2. Check the deductible on the owner's insurance policy, and understand what it means to you as a tenant. Typically, lessees pay common area maintenance charges on a pro rata basis for basic repairs, maintenance, janitorial services, taxes and insurance premium costs. If the lease you negotiate does not address the issue of how insurance deductible costs will be treated in the event of damage to the property or structure, or if it specifically states that deductible costs will be transferred to the lessee via common area maintenance charges, then you will be in a particularly difficult position should disaster strike. If the deductible for the policy is high, then the cost to you as a lessee will be that much more burdensome. Ultimately, you should push hard to negotiate your lease so that it includes language specifically stating that insurance deductible costs cannot be passed on to you in any form or have the deductible specifically waived or at least capped.

3. Ask to see the most recent roof studies and engineering plans for the building where your business will be housed. Commercial property owners generally request an independent roof study at the time of purchase or refinancing of the property. The analysis will show the age and general state of the roof at the time of examination and may provide a window into the likelihood of damage in the event of a hurricane. You may also want to consider negotiating language in your lease that requires the owner to provide you with any future roof study that is completed in the event one is done.

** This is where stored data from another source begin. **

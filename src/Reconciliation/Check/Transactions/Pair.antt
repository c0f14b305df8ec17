-- ===== src/Reconciliation/Check/Transactions/Pair.antt =====
-- The two entries of a transfer, as the checks of internal/usecase/reconciliation.go meet them.
use go_hermes.Base.{
  Bool, true, false, some, List, [], ◌∷◌, ◌≡◌, ◌≢◌, refl, sym, ap, ◌∙◌, arith, ◌&&◌, ◌||◌, ◌==◌,
  ◌⊎◌, inl, inr, ==_iff,
}
use go_hermes.Base.Int.{eq_ℤ, eq_ℤ→eq, eq_ℤ_refl}
use go_hermes.Entity.{Uuid, Transaction, LedgerEntry, LedgerEntryType, is_debit, is_credit}
use go_hermes.Reconciliation.Check.Transactions.{
  scan, points_to, source_debit, destination_credit, Found,
}

-- An entry that takes the transaction's amount from a wallet, and one that gives it to a wallet.
abbrev pub Debits : Transaction → Uuid → LedgerEntry → Type 0
Debits x i e = (e.wallet_id ≡ i) × (e.entry_type ≡ LedgerEntryType.debit) × (e.amount ≡ x.amount)

abbrev pub Credits : Transaction → Uuid → LedgerEntry → Type 0
Credits x i e = (e.wallet_id ≡ i) × (e.entry_type ≡ LedgerEntryType.credit) × (e.amount ≡ x.amount)

-- Two entries, in either order: a debit of the source and a credit of another wallet, the
-- destination.
abbrev pub IsPair : Transaction → List LedgerEntry → Type 0
IsPair x es =
    (src : Uuid) × (dst : Uuid) × (a : LedgerEntry) × (b : LedgerEntry) × (x.source_wallet_id
      ≡ some src)
    × (x.destination_wallet_id ≡ some dst)
    × (src ≢ dst)
    × Debits x src a
    × Credits x dst b
    × ((es ≡ a ∷ b ∷ []) ⊎ (es ≡ b ∷ a ∷ []))

abbrev pub scanned : Transaction → LedgerEntry → LedgerEntry → Found
scanned x e e' =
    scan x (record { bad_amount = false; debit_found = false; credit_found = false }) (e ∷ e' ∷ [])

pub scanned-both :
    (x : Transaction) (e e' : LedgerEntry)
    → (scanned x e e').bad_amount ≡ false
    → (eq_ℤ e.amount x.amount ≡ true)
      × (eq_ℤ e'.amount x.amount ≡ true)
      × ((scanned x e e').debit_found ≡ (source_debit x e || source_debit x e'))
      × ((scanned x e e').credit_found ≡ (destination_credit x e || destination_credit x e'))
scanned-both x e e' h = ground arith

both : (a b : Bool) → (a && b) ≡ true → (a ≡ true) × (b ≡ true)
both a b h = ground arith

pub either : (a b : Bool) → (a || b) ≡ true → (a ≡ true) ⊎ (b ≡ true)
either true b h = inl refl
either false b h = inr h

debit-type : (t : LedgerEntryType) → is_debit t ≡ true → t ≡ LedgerEntryType.debit
debit-type LedgerEntryType.debit h = refl
debit-type LedgerEntryType.credit h = absurd (ground arith)
debit-type (LedgerEntryType.other s) h = absurd (ground arith)

credit-type : (t : LedgerEntryType) → is_credit t ≡ true → t ≡ LedgerEntryType.credit
credit-type LedgerEntryType.credit h = refl
credit-type LedgerEntryType.debit h = absurd (ground arith)
credit-type (LedgerEntryType.other s) h = absurd (ground arith)

pub debit-found :
    (x : Transaction) (src : Uuid) (e : LedgerEntry)
    → x.source_wallet_id ≡ some src
    → eq_ℤ e.amount x.amount ≡ true
    → source_debit x e ≡ true
    → Debits x src e
debit-found x src e from amount h =
    let pointed = ap (λ o. points_to o e.wallet_id && is_debit e.entry_type) (sym from) ∙ h in
    let (wallet, type) = both (e.wallet_id == src) (is_debit e.entry_type) pointed in
    (
      (==_iff e.wallet_id src).0 wallet,
      debit-type e.entry_type type,
      eq_ℤ→eq e.amount x.amount amount,
    )

pub credit-found :
    (x : Transaction) (dst : Uuid) (e : LedgerEntry)
    → x.destination_wallet_id ≡ some dst
    → eq_ℤ e.amount x.amount ≡ true
    → destination_credit x e ≡ true
    → Credits x dst e
credit-found x dst e to amount h =
    let pointed = ap (λ o. points_to o e.wallet_id && is_credit e.entry_type) (sym to) ∙ h in
    let (wallet, type) = both (e.wallet_id == dst) (is_credit e.entry_type) pointed in
    (
      (==_iff e.wallet_id dst).0 wallet,
      credit-type e.entry_type type,
      eq_ℤ→eq e.amount x.amount amount,
    )

-- No entry is both a debit and a credit.
not-both : (x : Transaction) (i j : Uuid) (e : LedgerEntry) → Debits x i e → Credits x j e → ⊥
not-both x i j e (w, t, a) (w', t', a') = ground arith

pub pair-found :
    (x : Transaction) (src dst : Uuid) (e e' : LedgerEntry)
    → (Debits x src e ⊎ Debits x src e')
    → (Credits x dst e ⊎ Credits x dst e')
    → (a : LedgerEntry) × (b : LedgerEntry) × Debits x src a
      × Credits x dst b
      × (((e ∷ e' ∷ []) ≡ a ∷ b ∷ []) ⊎ ((e ∷ e' ∷ []) ≡ b ∷ a ∷ []))
pair-found x src dst e e' (inl d) (inl c) = absurd (not-both x src dst e d c)
pair-found x src dst e e' (inl d) (inr c) = (e, e', d, c, inl refl)
pair-found x src dst e e' (inr d) (inl c) = (e', e, d, c, inr refl)
pair-found x src dst e e' (inr d) (inr c) = absurd (not-both x src dst e' d c)

pub or-first : (a b : Bool) → a ≡ true → (a || b) ≡ true
or-first a b h = ground arith

pub or-second : (a b : Bool) → b ≡ true → (a || b) ≡ true
or-second a b h = ground arith

pub amount-eq :
    (x : Transaction) (e : LedgerEntry) → e.amount ≡ x.amount → eq_ℤ e.amount x.amount ≡ true
amount-eq x e h = ap (λ n. eq_ℤ e.amount n) (sym h) ∙ eq_ℤ_refl e.amount

pub Debits-found :
    (x : Transaction) (src : Uuid) (e : LedgerEntry)
    → x.source_wallet_id ≡ some src
    → Debits x src e
    → source_debit x e ≡ true
Debits-found x src e from (wallet, type, amount) =
    ap (λ o. points_to o e.wallet_id && is_debit e.entry_type) from
    ∙ (ap (λ t. (e.wallet_id == src) && is_debit t) type ∙ ground arith)

pub Credits-found :
    (x : Transaction) (dst : Uuid) (e : LedgerEntry)
    → x.destination_wallet_id ≡ some dst
    → Credits x dst e
    → destination_credit x e ≡ true
Credits-found x dst e to (wallet, type, amount) =
    ap (λ o. points_to o e.wallet_id && is_credit e.entry_type) to
    ∙ (ap (λ t. (e.wallet_id == dst) && is_credit t) type ∙ ground arith)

4. Stipulate that, in the event the property is refinanced, the owner will be required automatically to provide you with a copy of any new insurance policy. Often, during the refinancing process, an owner will modify or change insurance coverage options and parameters. So, while you may study and understand the policy now, an unfortunate surprise may still lurk down the road. Requiring the owner to provide you with a copy of any future policy will ensure that you understand your position relative to insurance limits and deductibles.

5. Push for the inclusion of a financial penalty for the owner if, in the event of a disaster, repairs are not completed in a set, reasonable time. A lease will usually include language that requires an owner to correct any structural problem so that businesses can be operable within a set amount of time, for instance 60 to 90 days. If the owner does not abide by the requirement, the lessee then has the right to cancel the lease and vacate the premises without penalty. This resolution, however, comes at a high cost to the lessee, interrupting business operations, and for retailers, inconveniencing customers. Ideally, a lease should include language that provides for a financial penalty in the event that the owner does not complete major repair issues within a specified time.

A lessee who has the foresight to negotiate a lease that accounts for all possible financial concerns in the event of a disaster will have a much better chance to weather the economic storm that might be caused by inattention to detail.

Seth Werner is chairman and chief executive officer of Ft. Lauderdale, Florida-based Cypress Creek Capital.